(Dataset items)

.....

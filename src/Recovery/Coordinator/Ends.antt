-- ===== src/Recovery/Coordinator/Ends.antt =====
-- The loop of the attempts ends: the database lets a session claim only its attempts.
use failure_resolver.Prelude.{
  ℕ, zero, suc, ◌≡◌, ◌≢◌, ◌≤◌, ◌<◌, refl, String, Bool, true, false, Bool-cases, inl, inr,
  if◌then◌else◌, arith, [], ◌∷◌, ◌++◌, ◌+◌,
}
use failure_resolver.Json.{Fields}
use failure_resolver.Errors.{Result, ok, err}
use failure_resolver.Runtime.{Runtime}
use failure_resolver.Robot.Pointer.{FlowPointer}
use failure_resolver.Recovery.Target.{RecoveryTarget}
use failure_resolver.Recovery.Session.{SessionRecord, parse_recovery_session}
use failure_resolver.Recovery.Plan.Continuation.{RecoveryPlan}
use failure_resolver.Recovery.Attempt.{FinishCall, finish, request, wait_for_flow, count}
use failure_resolver.Recovery.Attempt.Monad.{Run, M, pure, continue, ◌>>=◌, ◌>>◌}
use failure_resolver.Recovery.Attempt.Rules.{Post, returned, raised, bind-Post, weaken-Post}
use failure_resolver.Recovery.Attempt.Stable.{Keeps, Stable, Keeps-bind, Keeps-count, Keeps-live}
use failure_resolver.Recovery.Coordinator.{
  Control, Act, read, claim, logged_claim, ClaimCall, finish_at,
}
use failure_resolver.Recovery.Coordinator.Attempts.{
  Next, over, again, Loop, ended, out_of_rounds, read_claim, claim_round, round, rounds,
  run_attempts, execute_session, execute_target,
}
use failure_resolver.Recovery.Coordinator.Spent.{read_claim-Keeps}

-- The attempts that one session has left, as the database counts them: a claim for that session that
-- returns takes one, and no call of an attempt gives one back. A session has at most 20. Of the claims
-- for other sessions nothing is said.
pub record Metered (ctl : Control) (session_id : String) (left : ctl.out.World → ℕ) : Type 0 where
  pub bounded : (w : ctl.out.World) → left w ≤ 20
  pub claimed :
      (c : ClaimCall) (w w' : ctl.out.World) (row : Fields)
      → c.recovery_session_id ≡ session_id
      → ctl.claim c w ≡ (ok row, w')
      → left w' < left w
  pub requested :
      (name : String) (arguments : Fields) (w : ctl.out.World)
      → left (ctl.out.request_command name arguments w).1 ≤ left w
  pub waited :
      (s : SessionRecord) (generation revision : ℕ) (w : ctl.out.World)
      → left (ctl.out.wait_for_flow s generation revision w).1 ≤ left w
  pub finished : (c : FinishCall) (w : ctl.out.World) → left (ctl.out.finish c w).1 ≤ left w

module _ {W : Type 0} where
  Never : M W Loop → Type 0
  Never k = (r : Run W) → (k r).0 ≢ ok out_of_rounds

  bind-Never :
      {A : Type 0} (k : M W A) (f : A → M W Loop) → ((a : A) → Never (f a)) → Never (k >>= f)
  unfolding Never ◌>>=◌ continue
  bind-Never {A = A} k f h r = at (k r).0
    where
      at : (x : Result A) → (continue x f (k r).1).0 ≢ ok out_of_rounds
      at (ok a) = h a (k r).1
      at (err e) = λ d. cc

  if-Never : (b : Bool) (k k' : M W Loop) → Never k → Never k' → Never (if b then k else k')
  if-Never true k k' h h' = h
  if-Never false k k' h h' = h'

ended-Never : (W : Type 0) → Never (pure {W = W} ended)
unfolding Never pure
ended-Never W r = λ e. cc

module _ (py : Runtime) (ctl : Control) (session_id : String) (left : ctl.out.World → ℕ)
    (m : Metered ctl session_id left) where
  abbrev W : Type 0
  W = ctl.out.World

  NotMore : Run W → Run W → Type 0
  NotMore r r' = left r'.world ≤ left r.world

  NotMore-Stable : Stable py ctl.out NotMore
  unfolding NotMore finish wait_for_flow request
  NotMore-Stable = record {
    order = record {
      none = λ r. omega arith;
      both = λ h k. omega (arith, h, k);
      counted = λ r s. omega arith;
    };
    begun = λ r. omega arith;
    requested = λ name arguments r. m.requested name arguments r.world;
    finished = λ claimed failure_id token result r. m.finished _ r.world;
    waited = λ claimed generation revision r. m.waited claimed generation revision r.world;
  }

  closes : (c : FinishCall) → Keeps NotMore (finish_at ctl c)
  unfolding NotMore finish_at
  closes c r = m.finished c r.world

  -- An end that returned has fewer attempts left than the run `r`.
  Spent : {A : Type 0} → Run W → Result A × Run W → Type 0
  Spent r q = Post (λ _ r'. left r'.world < left r.world) (λ _ _. Unit) q

  Keeps-Spent :
      {A : Type 0} (r r' : Run W) (x : Result A) (r'' : Run W)
      → left r'.world < left r.world
      → NotMore r' r''
      → Spent r (x, r'')
  unfolding Spent NotMore
  Keeps-Spent r r' (ok a) r'' h k = returned (omega (arith, h, k))
  Keeps-Spent r r' (err e) r'' h k = raised tt

  claim-Spent :
      (c : ClaimCall) (r : Run W) → c.recovery_session_id ≡ session_id → Spent r (claim ctl c r)
  unfolding Spent claim
  claim-Spent c r same = at _ _ refl
    where
      at :
          (x : Result Fields) (w : W)
          → ctl.claim c r.world ≡ (x, w)
          → Post
              (λ _ r'. left r'.world < left r.world)
              (λ _ _. Unit)
              (x, record r { world = w; claims = r.claims ++ logged_claim c x ∷ [] })
      at (ok row) w e = returned (m.claimed c r.world w row same e)
      at (err d) w e = raised tt

  claim_round-Spent :
      (p : FlowPointer) (failure_id : String) (r : Run W)
      → Spent r (claim_round py ctl session_id p failure_id r)
  unfolding claim_round Spent
  claim_round-Spent p failure_id r =
      bind-Post _ (claim-Spent _ r refl) (λ row r' h. Keeps-Spent r r' _ _ h (then_read row r'))
        (λ e r' h. tt)
    where
      then_read :
          (row : Fields)
          → Keeps NotMore (
              count py ctl.out (λ s. record s { attempts_claimed = s.attempts_claimed + 1 })
              >> read_claim py ctl session_id failure_id p row (parse_recovery_session py row true))
      then_read row =
          Keeps-bind NotMore-Stable.order _ _ (Keeps-count py ctl.out NotMore-Stable.order _)
            λ _. read_claim-Keeps py ctl NotMore-Stable closes session_id failure_id p row _

  NotMore-Post :
      {A : Type 0} (r : Run W) (x : Result A) (r' : Run W)
      → NotMore r r'
      → Post (λ _ r'. NotMore r r') (λ _ _. Unit) (x, r')
  NotMore-Post r (ok a) r' h = returned h
  NotMore-Post r (err e) r' h = raised tt

  -- A first line that spends nothing.
  before-Spent :
      {A B : Type 0} (k : M W A) (f : A → M W B)
      → Keeps NotMore k
      → ((a : A) (r : Run W) → Spent r (f a r))
      → (r : Run W) → Spent r ((k >>= f) r)
  unfolding Spent NotMore
  before-Spent k f h then_spent r =
      bind-Post k (NotMore-Post r _ _ (h r))
        (λ a r' le.
          weaken-Post (then_spent a r') (λ b r'' lt. omega (arith, lt, le)) (λ e r'' u. tt))
        (λ e r' u. tt)

  round-Spent :
      (target : RecoveryTarget) (plan : RecoveryPlan) (p : FlowPointer) (r : Run W)
      → Spent r (round py ctl target session_id plan p r)
  unfolding round read
  round-Spent target plan p r =
      before-Spent _ _ (λ r. NotMore-Stable.order.none r)
        (λ active.
          before-Spent _ _ (Keeps-live py ctl.out NotMore-Stable.order plan p)
            λ _. claim_round-Spent p _)
        r

  go_on : ℕ → RecoveryTarget → RecoveryPlan → Next → Act ctl Loop
  go_on n target plan over = pure ended
  go_on n target plan (again latest) = rounds py ctl n target session_id plan latest

  after_round :
      (n : ℕ) (target : RecoveryTarget) (plan : RecoveryPlan) (r : Run W) (q : Result Next × Run W)
      → Spent r q
      → ((latest : FlowPointer) (r' : Run W)
          → left r'.world < left r.world
          → (rounds py ctl n target session_id plan latest r').0 ≢ ok out_of_rounds)
      → (continue q.0 (go_on n target plan) q.1).0 ≢ ok out_of_rounds
  unfolding continue go_on Spent pure
  after_round n target plan r _ (returned {a = over} h) k = λ e. cc
  after_round n target plan r _ (returned {a = again latest} {r = r'} h) k = k latest r' h
  after_round n target plan r _ (raised u) k = λ e. cc

  rounds-ends :
      (n : ℕ) (target : RecoveryTarget) (plan : RecoveryPlan) (p : FlowPointer) (r : Run W)
      → left r.world < n
      → (rounds py ctl n target session_id plan p r).0 ≢ ok out_of_rounds
  unfolding rounds ◌>>=◌ read continue go_on pure
  rounds-ends zero target plan p r h = ground (arith, h)
  rounds-ends (suc n) target plan p r h = elim (Bool-cases (ctl.stopped r.world)) [
    | inl stop ↦ rw (stop) (λ e. cc)
    | inr run ↦ rw (run) (
        after_round n target plan r _ (round-Spent target plan p r)
          λ latest r' lt. rounds-ends n target plan latest r' (omega (arith, lt, h)))
  ]

  run_attempts-Never :
      (n : ℕ) (target : RecoveryTarget) (plan : RecoveryPlan) (p : FlowPointer)
      → 20 < n
      → Never (run_attempts py ctl n target session_id plan p)
  unfolding run_attempts Never
  run_attempts-Never n target plan p h r =
      bind-Never _ _ (λ _ r'. rounds-ends n target plan p r' (omega (arith, h, m.bounded r'.world)))
        r

-- The attempts that each session has left.
module _ (py : Runtime) (ctl : Control) (left : String → ctl.out.World → ℕ)
    (m : (session_id : String) → Metered ctl session_id (left session_id)) where
  execute_session-Never :
      (n : ℕ) (target : RecoveryTarget) (prepared : SessionRecord) (session_id : String)
      (p : FlowPointer)
      → 20 < n
      → Never (execute_session py ctl n target prepared session_id p)
  unfolding execute_session
  execute_session-Never n target prepared session_id p h =
      if-Never _ _ _
        (bind-Never _ _ λ plan. bind-Never _ _ λ go.
          if-Never _ _ _
            (run_attempts-Never py ctl session_id (left session_id) (m session_id) n target plan p
              h)
            (ended-Never _))
        (bind-Never _ _ λ _. (ended-Never _))

-- Where the database counts, for each session by itself, the at most 20 attempts that it has left, so
-- that a claim for a session that returns takes one of that session's, and no command, no wait and no
-- `finish` gives one back: the loop over the attempts of a failure ends by itself. With 21 or more
-- rounds allowed it never runs out of them, whatever else the robot, the database and the other tasks
-- do.
pub execute_target-ends :
    (py : Runtime) (ctl : Control) (left : String → ctl.out.World → ℕ)
    → ((session_id : String) → Metered ctl session_id (left session_id))
    → (n : ℕ) (target : RecoveryTarget) (new_id : String) (r : Run ctl.out.World) → 20 < n
    → (execute_target py ctl n target new_id r).0 ≢ ok out_of_rounds
unfolding execute_target Never
execute_target-ends py ctl left m n target new_id r h =
    bind-Never _ _
      (λ _. bind-Never _ _ λ _. bind-Never _ _ λ p. bind-Never _ _ λ _.
        bind-Never _ _ λ prepared.
          bind-Never _ _ λ _. execute_session-Never py ctl left m n target prepared _ p h)
      r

.....

> _Work request_
Look back at the entries above. Retype the line with "(λ e r' h. tt)", the line with "weaken-Post (then_spent a", and all lines in between.

> _Expected answer_
        (λ e r' h. tt)
    where
      then_read :
          (row : Fields)
          → Keeps NotMore (
              count py ctl.out (λ s. record s { attempts_claimed = s.attempts_claimed + 1 })
              >> read_claim py ctl session_id failure_id p row (parse_recovery_session py row true))
      then_read row =
          Keeps-bind NotMore-Stable.order _ _ (Keeps-count py ctl.out NotMore-Stable.order _)
            λ _. read_claim-Keeps py ctl NotMore-Stable closes session_id failure_id p row _

  NotMore-Post :
      {A : Type 0} (r : Run W) (x : Result A) (r' : Run W)
      → NotMore r r'
      → Post (λ _ r'. NotMore r r') (λ _ _. Unit) (x, r')
  NotMore-Post r (ok a) r' h = returned h
  NotMore-Post r (err e) r' h = raised tt

  -- A first line that spends nothing.
  before-Spent :
      {A B : Type 0} (k : M W A) (f : A → M W B)
      → Keeps NotMore k
      → ((a : A) (r : Run W) → Spent r (f a r))
      → (r : Run W) → Spent r ((k >>= f) r)
  unfolding Spent NotMore
  before-Spent k f h then_spent r =
      bind-Post k (NotMore-Post r _ _ (h r))
        (λ a r' le.
          weaken-Post (then_spent a r') (λ b r'' lt. omega (arith, lt, le)) (λ e r'' u. tt))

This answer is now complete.